Honestly, I didn't think much of it. This movie follows four young people as they drive through some nameless southern town, get taken in by a family of evil rednecks, and get horrifically murdered. It's nasty and cruel. Not exactly scary, but deeply unpleasant to think about too much. No moral, no lesson, no justice or vindication.

There's something in here that's hard to define. The movie is filled with these short clips of ancient horror movies (I think real ones, though they could be skits just for this movie). Many of the characters have this familiarity with these movies, and classic Hollywood in general. The movie's total avoidance of any moral is clearly calculated; the Fireflies are unbelievably evil, and everyone else is too stupid to stop them. They're also the most interesting part of the movie, awful as they are; I felt kind of let down when they were just not in the movie for the whole climax.

I probably would have disliked it more if I hadn't watched Terrifier last year. Now THAT was a piece of poo poo. Similar tone to this movie but without any art and barely any sense of humour.

13. The Devil's Rejects (2005)
2020/04/26


I guess the director also though the family was the most interesting part of the first movie. Anyway, this time around the Fireflies (and local weirdo Captain Spaulding, who it turns out is one of them) go on the run from the law, personified by Sheriff Wydell. I spent the first half of the movie wondering why I was watching it. The escaped Fireflies, Baby and Otis, flee from their home and take shelter in a motel, where they rape, torture, and murder all the inhabitants, laughing at their inability to protect themselves. From hearing people talk about it I'd gotten the vibe that they were the protagonists, and I couldn't possibly see how the movie could pull this off.

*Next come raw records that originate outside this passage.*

-- ===== src/Hnsw/Query/Descend.antt =====
-- The greedy descent through the upper layers: where it ends, and that it only comes closer.
use gvector.Prelude.{
  ℕ, zero, suc, ◌≤◌, ◌≡◌, refl, sym, ap, ◌∙◌, subst, true, false, List, [], ◌∷◌, arith, All,
  nat_key, string_key,
}
use gvector.Types.{F32, Cand}
use gvector.Types.Order.{cand_ord}
use gvector.Order.Sort.{lt-false_trans}
use gvector.Order.Members.{Starts}
use gvector.Distance.{F32Ops}
use gvector.Hnsw.{HnswIndex, cand_at, count_down}
use gvector.Hnsw.Layer.{search_layer, admissible}
use gvector.Hnsw.Layer.Found.{HasLevel, IsClosed, IsHit}
use gvector.Hnsw.Layer.Results.{search_layer-IsHit, search_layer-Starts}
use gvector.Hnsw.Query.{first_slot, plain, descend}

-- Levels from `h` down.
abbrev pub Descends : ℕ → List ℕ → Type 0
Descends h [] = Unit
Descends h (l ∷ ls) = (l ≤ h) × Descends l ls

pub count_down-Descends : (n : ℕ) → Descends n (count_down n)
unfolding count_down
count_down-Descends zero = tt
count_down-Descends (suc zero) = (omega arith, tt)
count_down-Descends (suc (suc n)) =
    let (l, d) = count_down-Descends (suc n) in (omega arith, (omega arith, d))

first_slot-All :
    (P : Cand → Type 0) (e : Cand) (cs : List Cand)
    → Starts e cs
    → All P cs
    → (c : Cand) × (first_slot cs ≡ c.slot) × P c × (cand_ord.lt e c ≡ false)
first_slot-All P e [] s h = absurd s
first_slot-All P e (c ∷ cs) s (h, hs) = (c, refl, h, s)

module _ (ops : F32Ops) {R : Type 0} (idx : HnswIndex R) (query : List F32) where
  plain-admissible : (ef level s : ℕ) → admissible ops idx (plain query ef level) s ≡ true
  unfolding admissible
  plain-admissible ef level s = refl

  -- One layer of the descent finds a node of that layer, no farther than where it starts.
  descend_step :
      (level ep : ℕ)
      → IsClosed idx.links
      → HasLevel idx.links level ep
      → let next = first_slot (search_layer ops idx (plain query 1 level) (ep ∷ [])).0 in
        HasLevel idx.links level next
        × (cand_ord.lt (cand_at ops idx query ep) (cand_at ops idx query next) ≡ false)
  descend_step level ep closed h =
      let ask = plain query 1 level in
      let starts = search_layer-Starts ops idx ask ep closed (plain-admissible 1 level ep) in
      let (hits, _, _, _) = search_layer-IsHit ops idx ask (ep ∷ []) closed (h, tt) in
      let (c, e, hit, near) =
        first_slot-All (IsHit ops idx ask) (cand_at ops idx query ep) _ starts hits in
      (
        subst (HasLevel idx.links level) (sym e) hit.0,
        ap (λ s. cand_ord.lt (cand_at ops idx query ep) (cand_at ops idx query s)) e
            ∙ ap (cand_ord.lt (cand_at ops idx query ep)) (sym hit.1)
            ∙ near,
      )

  pub descend-HasLevel :
      (levels : List ℕ) (h l ep : ℕ)
      → IsClosed idx.links
      → Descends h levels
      → All (λ n. l ≤ n) levels
      → l ≤ h
      → HasLevel idx.links h ep
      → HasLevel idx.links l (descend ops idx query levels ep)
  unfolding descend
  descend-HasLevel [] h l ep closed d a le p = omega arith
  descend-HasLevel (n ∷ levels) h l ep closed (d, ds) (a, more) le p =
      let (next, near) = descend_step n ep closed (omega arith) in
      descend-HasLevel levels n l _ closed ds more a next

  -- A descent never ends farther from the query than it starts.
  pub descend-closer :
      (levels : List ℕ) (h ep : ℕ)
      → IsClosed idx.links
      → Descends h levels
      → HasLevel idx.links h ep
      → cand_ord.lt
          (cand_at ops idx query ep)
          (cand_at ops idx query (descend ops idx query levels ep))
        ≡ false
  unfolding descend
  descend-closer [] h ep closed d p = cand_ord.lt_irrefl (cand_at ops idx query ep)
  descend-closer (n ∷ levels) h ep closed (d, ds) p =
      let (next, near) = descend_step n ep closed (omega arith) in
      lt-false_trans _ _ (cand_at ops idx query ep) (descend-closer levels n _ closed ds next) near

Somehow, it did. Sheriff Wydell is a jackass in a really interesting way. The main distinction between him and the Fireflies is how self-serious he is. There's this great scene midway through where he's privately rehearsing the prayer he'll speak when he finally kills them, trying out different inflections for when he explains the Thin Blue Line to God. He's been waiting his whole life for an occasion to kill a bunch of people in a righteous and justified way, and it would be easy to write him off, if not for the fact that it honestly is justified. The movie ends with him chasing Baby with an axe through the woods at night; somehow, she's become the Final Girl. All hope seems lost until that weirdo our heroes wrote off earlier in the movie shows up to kill the baddie. It's just an illusion, of course; the murderous sheriff hasn't actually killed the others yet, and the friendly weirdo isn't even a stranger-- but the whole scene plays like a conventional slasher, with the roles reversed. Honestly, the whole thing won me over by the end, and I particularly loved the last scene.

I don't think I'll watch 3 From Hell, though. I'm happy with the ending I got.